Hydrogen economy and its critical role in future low carbon energy systems

Global energy systems are undergoing significant structural changes in response to the overarching aim of mitigating and adopting to the geophysical impacts of climate change. One of the key strategies for enabling this structural change is the incremental transition away from fossil fuels and gradual uptake of renewable and low carbon energy sources. While remarkable progress has been achieved in electricity decarbonisation - which contributed around 35% global GHG emissions in 2025, a significant part of the energy system pie is still exploring suitable solutions especially for “hard-to-abate" sectors—such as steel manufacturing, chemical production, and long-haul shipping—where direct electrification is technically or economically challenging. With increased decarbonisation of electricity sectors using variable renewable generation technologies like solar and wind, there is also a growing need to balance and store the wasted energy from intraday supply and demand mismatch.

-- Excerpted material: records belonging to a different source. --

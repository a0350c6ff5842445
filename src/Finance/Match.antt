-- ===== src/Finance/Match.antt =====
-- The bank reconciliation: apps/api/src/modules/finance/calculator/reconciliation-match.ts.
-- Confidence is in tenths; the date of a row is its time in milliseconds, or none where the text
-- is no date.
pub mod Soundness
use openlms.Base.{
  ℕ, ◌+◌, ◌-◌, ◌*◌, Bool, true, false, ◌&&◌, ◌||◌, List, [], ◌∷◌, map, Option, none, some, String,
  ltb, leb, ◌==◌, filter, find, if◌then◌else◌,
}
use openlms.Base.Int.{ℤ, pos, ◌-ℤ◌, leb_ℤ}
use openlms.Base.Texts.{codes, trim, same_text, to_upper}
use openlms.Payroll.Money.{abs}

pub data BankMutationType : Type 0 where
  debit kredit : BankMutationType

pub record BankMutationRow : Type 0 where
  pub tanggal : Option ℕ
  pub referensi : Option String
  pub nominal : ℤ
  pub tipe : BankMutationType

pub record PaymentCandidate : Type 0 where
  pub id : String
  pub invoice_no : String
  pub amount : ℤ
  pub paid_at : Option ℕ

pub data Reason : Type 0 where
  not_incoming reference_and_amount reference_within_tolerance amount_and_date : Reason
  amount_outside_date no_payment : Reason

pub record ReconciliationMatchResult : Type 0 where
  pub matched_payment_id : Option String
  pub confidence : ℕ
  pub reason : Reason

unfoldable pub normalized : String → List ℕ
normalized text = map to_upper (trim (codes text))

unfoldable pub same_reference : BankMutationRow → PaymentCandidate → Bool
same_reference row p = elim row.referensi [
  | none ↦ false
  | some reference ↦ same_text (normalized p.invoice_no) (normalized reference)
]

unfoldable pub same_amount : ℤ → BankMutationRow → PaymentCandidate → Bool
same_amount tol row p = leb_ℤ (pos (abs (p.amount -ℤ row.nominal))) tol

abbrev pub or_zero : Option ℕ → ℕ
or_zero none = 0
or_zero (some t) = t

unfoldable pub same_date : ℕ → BankMutationRow → PaymentCandidate → Bool
same_date tol_days row p = elim row.tanggal [
  | none ↦ false
  | some date ↦ leb ((or_zero p.paid_at - date) + (date - or_zero p.paid_at)) (tol_days * 86400000)
]

abbrev pub matched : PaymentCandidate → ℕ → Reason → ReconciliationMatchResult
matched p confidence reason = record {
  matched_payment_id = some p.id;
  confidence = confidence;
  reason = reason;
}

abbrev pub unmatched : Reason → ReconciliationMatchResult
unmatched reason = record { matched_payment_id = none; confidence = 0; reason = reason }

-- Only incoming money is matched.
abbrev pub if_incoming : BankMutationType → ReconciliationMatchResult → ReconciliationMatchResult
if_incoming debit result = unmatched not_incoming
if_incoming kredit result = result

-- the part without a reference, from the payments of the same amount
abbrev pub by_amount : List PaymentCandidate → Option PaymentCandidate → ReconciliationMatchResult
by_amount amount_matches (some p) = matched p 5 amount_and_date
by_amount [] none = unmatched no_payment
by_amount (p ∷ ps) none = matched p 5 amount_outside_date

module _ (tol : ℤ) (date_tol : ℕ) where
  unfoldable pub without_reference :
      BankMutationRow → List PaymentCandidate → ReconciliationMatchResult
  without_reference row payments =
      let amount_matches = filter (same_amount tol row) payments in
      by_amount amount_matches (find (same_date date_tol row) amount_matches)

  -- the part with the payments of the same reference
  abbrev pub by_reference :
      BankMutationRow
      → List PaymentCandidate
      → List PaymentCandidate
      → Option PaymentCandidate
      → ReconciliationMatchResult
  by_reference row payments [] exact = without_reference row payments
  by_reference row payments (best ∷ others) (some p) = matched p 10 reference_and_amount
  by_reference row payments (best ∷ others) none = matched best 8 reference_within_tolerance

  unfoldable pub match_row_to_payments :
      BankMutationRow → List PaymentCandidate → ReconciliationMatchResult
  match_row_to_payments row payments =
      let ref_matches = filter (same_reference row) payments in
      if_incoming row.tipe
        (by_reference row payments ref_matches (find (same_amount tol row) ref_matches))
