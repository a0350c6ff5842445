-- ===== src/Finance/Match/Soundness.antt =====
-- What a match means: `matchRowToPayments` of
-- apps/api/src/modules/finance/calculator/reconciliation-match.ts.
use openlms.Base.{
  ◌≡◌, refl, subst, ap, sym, ◌∙◌, ℕ, true, false, ◌||◌, List, [], ◌∷◌, Option, none, some, String,
  arith, filter, find, In, inl, inr, Option-cases, In-filter, filter-In, find-eq-some, find-eq-none,
  All-In,
}
use openlms.Base.Int.{ℤ}
use openlms.Finance.Match.{
  BankMutationRow, kredit, PaymentCandidate, same_reference, same_amount, same_date, matched,
  if_incoming, by_amount, by_reference, without_reference, match_row_to_payments,
  reference_within_tolerance,
}

module _ (tol : ℤ) (date_tol : ℕ) (row : BankMutationRow) (payments : List PaymentCandidate) where
  -- The id is that of a payment of the row's reference or amount.
  abbrev IsCandidate : Option String → Type 0
  IsCandidate none = Unit
  IsCandidate (some id) =
      (p : PaymentCandidate) × In p payments
      × (p.id ≡ id)
      × (same_reference row p || same_amount tol row p ≡ true)

  by_amount-IsCandidate :
      (ps : List PaymentCandidate) (o : Option PaymentCandidate)
      → filter (same_amount tol row) payments ≡ ps
      → find (same_date date_tol row) ps ≡ o
      → IsCandidate (by_amount ps o).matched_payment_id
  by_amount-IsCandidate ps (some p) e f =
      let (m, _) = find-eq-some (same_date date_tol row) ps f in
      let (i, s) = In-filter (same_amount tol row) p payments (rw e m) in
      (p, i, refl, ground (arith, s))
  by_amount-IsCandidate [] none e f = tt
  by_amount-IsCandidate (p ∷ ps) none e f =
      let (i, s) = In-filter (same_amount tol row) p payments (rw e (inl refl)) in
      (p, i, refl, ground (arith, s))

  by_reference-IsCandidate :
      (ps : List PaymentCandidate) (o : Option PaymentCandidate)
      → filter (same_reference row) payments ≡ ps
      → find (same_amount tol row) ps ≡ o
      → IsCandidate (by_reference tol date_tol row payments ps o).matched_payment_id
  unfolding without_reference
  by_reference-IsCandidate [] o e f =
      by_amount-IsCandidate (filter (same_amount tol row) payments) _ refl refl
  by_reference-IsCandidate (best ∷ others) (some p) e f =
      let (m, _) = find-eq-some (same_amount tol row) (best ∷ others) f in
      let (i, s) = In-filter (same_reference row) p payments (rw e m) in
      (p, i, refl, ground (arith, s))
  by_reference-IsCandidate (best ∷ others) none e f =
      let (i, s) = In-filter (same_reference row) best payments (rw e (inl refl)) in
      (best, i, refl, ground (arith, s))

match-kredit :
    (tol : ℤ) (date_tol : ℕ) (row : BankMutationRow) (payments : List PaymentCandidate)
    → row.tipe ≡ kredit
    → match_row_to_payments tol date_tol row payments
      ≡ by_reference tol date_tol row payments
          (filter (same_reference row) payments)
          (find (same_amount tol row) (filter (same_reference row) payments))
unfolding match_row_to_payments
match-kredit tol date_tol row payments k =
    let refs = filter (same_reference row) payments in
    ap
      (λ t.
        if_incoming t
          (by_reference tol date_tol row payments refs (find (same_amount tol row) refs)))
      k

kredit-only :
    (tol : ℤ) (date_tol : ℕ) (row : BankMutationRow) (payments : List PaymentCandidate)
    {id : String}
    → (match_row_to_payments tol date_tol row payments).matched_payment_id ≡ some id
    → row.tipe ≡ kredit
unfolding match_row_to_payments
kredit-only tol date_tol row payments h = ground arith

-- A row is only matched if it is incoming money, and the payment that it names is one of the
-- candidates, of the row's reference or of its amount within the tolerance.
pub match-IsCandidate :
    (tol : ℤ) (date_tol : ℕ) (row : BankMutationRow) (payments : List PaymentCandidate)
    (id : String)
    → (match_row_to_payments tol date_tol row payments).matched_payment_id ≡ some id
    → (row.tipe ≡ kredit)
      × ((p : PaymentCandidate) × In p payments
          × (p.id ≡ id)
          × (same_reference row p || same_amount tol row p ≡ true))
match-IsCandidate tol date_tol row payments id h =
    let incoming = kredit-only tol date_tol row payments h in
    let refs = filter (same_reference row) payments in
    let found =
      by_reference-IsCandidate tol date_tol row payments refs (find (same_amount tol row) refs) refl
        refl in
    let named =
      sym (ap (λ r. r.matched_payment_id) (match-kredit tol date_tol row payments incoming)) ∙ h in
    (incoming, subst (IsCandidate tol date_tol row payments) named found)

-- Where a candidate has the reference and the amount of an incoming row, the row is matched with
-- full confidence.
match-exact :
    (tol : ℤ) (date_tol : ℕ) (row : BankMutationRow) (payments : List PaymentCandidate)
    (p : PaymentCandidate)
    → row.tipe ≡ kredit
    → In p payments
    → same_reference row p ≡ true
    → same_amount tol row p ≡ true
    → (match_row_to_payments tol date_tol row payments).confidence ≡ 10
match-exact tol date_tol row payments p k m r a =
    ap (λ x. x.confidence) (match-kredit tol date_tol row payments k)
    ∙ (exact (filter (same_reference row) payments) (filter-In (same_reference row) p payments m r))
  where
    exact :
        (refs : List PaymentCandidate)
        → In p refs
        → (by_reference tol date_tol row payments refs (find (same_amount tol row) refs)).confidence
          ≡ 10
    exact [] i = absurd i
    exact (best ∷ others) i = elim (Option-cases (find (same_amount tol row) (best ∷ others))) [
      | inl none_found ↦
          let clash =
            All-In (λ q. same_amount tol row q ≡ false) p (best ∷ others)
              (find-eq-none (same_amount tol row) (best ∷ others) none_found) i in
          ground arith
      | inr (q, found) ↦ rw found refl
    ]

-- Where candidates have the reference of an incoming row, but none of those has its amount within
-- the tolerance, the row is still matched, to the first of them, whatever its amount.
match_ignores_amount :
    (tol : ℤ) (date_tol : ℕ) (row : BankMutationRow) (payments : List PaymentCandidate)
    {best : PaymentCandidate} {others : List PaymentCandidate}
    → row.tipe ≡ kredit
    → filter (same_reference row) payments ≡ best ∷ others
    → find (same_amount tol row) (best ∷ others) ≡ none
    → (match_row_to_payments tol date_tol row payments ≡ matched best 8 reference_within_tolerance)
      × (same_amount tol row best ≡ false)
match_ignores_amount tol date_tol row payments {best} {others} k refs none_found = (
  match-kredit tol date_tol row payments k ∙ rw (refs, none_found) refl,
  (find-eq-none (same_amount tol row) (best ∷ others) none_found).0,
)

Additionally, increasing severity of climate change impacts globally is accelerating these structural changes where some nation states have also attempted to raise the climate change mitigation ambition by suggesting complete phaseout of fossil fuels at UNFCCC’s COP28 and COP30. Consequently, there is renewed interest in global hydrogen economy and its direct benefits in circumventing majority of the issues highlighted above.

 

Pursuant to this, under the Horizon Europe’s HyWay project, researchers are generating future scenarios for hydrogen economy and analysing the warming impacts of subsequent fugitive hydrogen emissions. In this research, hydrogen economy scenarios are being generating using MESSAGEix-GLOBIOM-GAINS modelling framework of IIASA. The modelling framework generates bottom-up energy system futures for 12 Global regions, while also capturing intra-regional and inter-regional energy commodity trade. The framework generates a least cost solution under various technology transition and climate mitigation constraints using linear programming-based optimisation. Using this framework, we generate a set of scenarios using national implemented policies, nationally determined goals, regional net zero targets, hydrogen generation infrastructure and trade policy data, and different global temperature targets for various Shared Socioeconomic Pathway narratives. In addition, some specialised scenarios also looked at more wide-spread use of hydrogen in the energy system vs. more confined use in industrial clusters. These broad policy and techno-climatic levers along with discussions with key industry stakeholders enabled us to analyse in detail a) the future hydrogen generation configuration at various time steps, b) displacement of fossil-fuels from global energy systems, and 3) sectoral utilisation of hydrogen especially in the industrial sector. Across the scenario solution space, we observe that from a current production volume of 100Mt H₂ at a global level mainly for industrial use, hydrogen economy can surpass 400Mt H₂ production by 2050 and upwards of 1000 Mt H₂ by 2100. This would require significant investment in hydrogen economy infrastructure and possibly underwriting and repurposing of fossil fuel-based energy generation units. We also observe that from current domination of “grey hydrogen”, the energy system will transition completely to “green hydrogen” generation by 2050, with “blue hydrogen” acting as a transition enabler. The results also provide significant insights into regional and global dynamics of hydrogen economy including its climate impacts.